Collected data entries:
----

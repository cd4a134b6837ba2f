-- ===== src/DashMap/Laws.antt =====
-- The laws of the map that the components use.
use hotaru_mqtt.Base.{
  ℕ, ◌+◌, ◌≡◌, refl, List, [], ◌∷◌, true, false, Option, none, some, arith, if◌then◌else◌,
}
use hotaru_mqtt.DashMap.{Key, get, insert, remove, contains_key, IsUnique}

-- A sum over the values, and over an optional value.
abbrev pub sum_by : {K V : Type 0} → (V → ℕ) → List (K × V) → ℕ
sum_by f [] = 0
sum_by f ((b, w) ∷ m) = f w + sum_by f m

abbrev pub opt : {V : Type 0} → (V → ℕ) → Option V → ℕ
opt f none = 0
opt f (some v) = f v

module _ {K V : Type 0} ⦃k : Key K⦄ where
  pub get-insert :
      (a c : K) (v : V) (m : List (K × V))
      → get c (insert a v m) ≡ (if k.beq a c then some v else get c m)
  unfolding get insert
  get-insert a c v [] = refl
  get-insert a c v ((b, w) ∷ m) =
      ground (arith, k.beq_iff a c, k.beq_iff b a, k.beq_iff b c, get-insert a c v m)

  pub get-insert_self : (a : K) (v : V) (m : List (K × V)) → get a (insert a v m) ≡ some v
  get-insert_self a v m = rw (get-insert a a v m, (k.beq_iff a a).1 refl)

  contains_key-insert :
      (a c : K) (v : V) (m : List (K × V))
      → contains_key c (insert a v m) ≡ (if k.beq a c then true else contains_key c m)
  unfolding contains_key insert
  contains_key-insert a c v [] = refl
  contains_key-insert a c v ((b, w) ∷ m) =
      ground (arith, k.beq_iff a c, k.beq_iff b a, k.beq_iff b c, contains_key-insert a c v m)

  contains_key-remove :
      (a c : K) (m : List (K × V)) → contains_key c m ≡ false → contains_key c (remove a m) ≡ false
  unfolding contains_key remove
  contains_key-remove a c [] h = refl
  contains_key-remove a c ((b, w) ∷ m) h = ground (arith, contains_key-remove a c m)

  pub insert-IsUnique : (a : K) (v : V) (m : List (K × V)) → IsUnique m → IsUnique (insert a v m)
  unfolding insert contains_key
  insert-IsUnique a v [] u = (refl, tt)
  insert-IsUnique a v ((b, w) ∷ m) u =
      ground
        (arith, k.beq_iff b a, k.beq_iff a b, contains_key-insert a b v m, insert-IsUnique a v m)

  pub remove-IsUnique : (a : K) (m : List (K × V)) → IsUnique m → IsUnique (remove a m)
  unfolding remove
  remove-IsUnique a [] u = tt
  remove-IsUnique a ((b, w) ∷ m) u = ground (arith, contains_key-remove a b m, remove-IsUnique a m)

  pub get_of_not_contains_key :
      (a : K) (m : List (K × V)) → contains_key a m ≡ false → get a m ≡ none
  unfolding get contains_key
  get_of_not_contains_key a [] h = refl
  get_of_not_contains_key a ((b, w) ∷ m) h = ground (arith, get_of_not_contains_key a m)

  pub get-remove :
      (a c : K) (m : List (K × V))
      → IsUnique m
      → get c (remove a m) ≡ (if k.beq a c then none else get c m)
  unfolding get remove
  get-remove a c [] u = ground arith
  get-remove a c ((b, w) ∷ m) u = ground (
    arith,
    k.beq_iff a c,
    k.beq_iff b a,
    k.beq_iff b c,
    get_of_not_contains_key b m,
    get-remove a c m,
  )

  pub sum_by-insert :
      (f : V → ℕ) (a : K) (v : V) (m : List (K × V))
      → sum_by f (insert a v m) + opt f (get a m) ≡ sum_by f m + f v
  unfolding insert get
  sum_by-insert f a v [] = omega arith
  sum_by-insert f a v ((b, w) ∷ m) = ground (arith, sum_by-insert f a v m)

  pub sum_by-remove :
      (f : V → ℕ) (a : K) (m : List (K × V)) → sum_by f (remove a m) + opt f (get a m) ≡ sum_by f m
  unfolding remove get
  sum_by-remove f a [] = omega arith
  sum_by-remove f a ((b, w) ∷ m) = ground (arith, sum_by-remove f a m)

----

Task to complete: The whole block of entries above should be repeated exactly.

Solution for this task:
repository cd4a134b6837ba2f
-- ===== src/DashMap/Laws.antt =====
-- The laws of the map that the components use.
use hotaru_mqtt.Base.{
  ℕ, ◌+◌, ◌≡◌, refl, List, [], ◌∷◌, true, false, Option, none, some, arith, if◌then◌else◌,
}
use hotaru_mqtt.DashMap.{Key, get, insert, remove, contains_key, IsUnique}

-- A sum over the values, and over an optional value.
abbrev pub sum_by : {K V : Type 0} → (V → ℕ) → List (K × V) → ℕ
sum_by f [] = 0
sum_by f ((b, w) ∷ m) = f w + sum_by f m

abbrev pub opt : {V : Type 0} → (V → ℕ) → Option V → ℕ
opt f none = 0
opt f (some v) = f v

module _ {K V : Type 0} ⦃k : Key K⦄ where
  pub get-insert :
      (a c : K) (v : V) (m : List (K × V))
      → get c (insert a v m) ≡ (if k.beq a c then some v else get c m)
  unfolding get insert
  get-insert a c v [] = refl
  get-insert a c v ((b, w) ∷ m) =
      ground (arith, k.beq_iff a c, k.beq_iff b a, k.beq_iff b c, get-insert a c v m)

  pub get-insert_self : (a : K) (v : V) (m : List (K × V)) → get a (insert a v m) ≡ some v
  get-insert_self a v m = rw (get-insert a a v m, (k.beq_iff a a).1 refl)

  contains_key-insert :
      (a c : K) (v : V) (m : List (K × V))
      → contains_key c (insert a v m) ≡ (if k.beq a c then true else contains_key c m)
  unfolding contains_key insert
  contains_key-insert a c v [] = refl
  contains_key-insert a c v ((b, w) ∷ m) =
      ground (arith, k.beq_iff a c, k.beq_iff b a, k.beq_iff b c, contains_key-insert a c v m)

  contains_key-remove :
      (a c : K) (m : List (K × V)) → contains_key c m ≡ false → contains_key c (remove a m) ≡ false
  unfolding contains_key remove
  contains_key-remove a c [] h = refl
  contains_key-remove a c ((b, w) ∷ m) h = ground (arith, contains_key-remove a c m)

  pub insert-IsUnique : (a : K) (v : V) (m : List (K × V)) → IsUnique m → IsUnique (insert a v m)
  unfolding insert contains_key
  insert-IsUnique a v [] u = (refl, tt)
  insert-IsUnique a v ((b, w) ∷ m) u =
      ground
        (arith, k.beq_iff b a, k.beq_iff a b, contains_key-insert a b v m, insert-IsUnique a v m)

  pub remove-IsUnique : (a : K) (m : List (K × V)) → IsUnique m → IsUnique (remove a m)
  unfolding remove
  remove-IsUnique a [] u = tt
  remove-IsUnique a ((b, w) ∷ m) u = ground (arith, contains_key-remove a b m, remove-IsUnique a m)

  pub get_of_not_contains_key :
      (a : K) (m : List (K × V)) → contains_key a m ≡ false → get a m ≡ none
  unfolding get contains_key
  get_of_not_contains_key a [] h = refl
  get_of_not_contains_key a ((b, w) ∷ m) h = ground (arith, get_of_not_contains_key a m)

  pub get-remove :
      (a c : K) (m : List (K × V))
      → IsUnique m
      → get c (remove a m) ≡ (if k.beq a c then none else get c m)
  unfolding get remove
  get-remove a c [] u = ground arith
  get-remove a c ((b, w) ∷ m) u = ground (
    arith,
    k.beq_iff a c,
    k.beq_iff b a,
    k.beq_iff b c,
    get_of_not_contains_key b m,
    get-remove a c m,
  )

  pub sum_by-insert :
      (f : V → ℕ) (a : K) (v : V) (m : List (K × V))
      → sum_by f (insert a v m) + opt f (get a m) ≡ sum_by f m + f v
  unfolding insert get
  sum_by-insert f a v [] = omega arith
  sum_by-insert f a v ((b, w) ∷ m) = ground (arith, sum_by-insert f a v m)

  pub sum_by-remove :
      (f : V → ℕ) (a : K) (m : List (K × V)) → sum_by f (remove a m) + opt f (get a m) ≡ sum_by f m
  unfolding remove get
  sum_by-remove f a [] = omega arith
  sum_by-remove f a ((b, w) ∷ m) = ground (arith, sum_by-remove f a m)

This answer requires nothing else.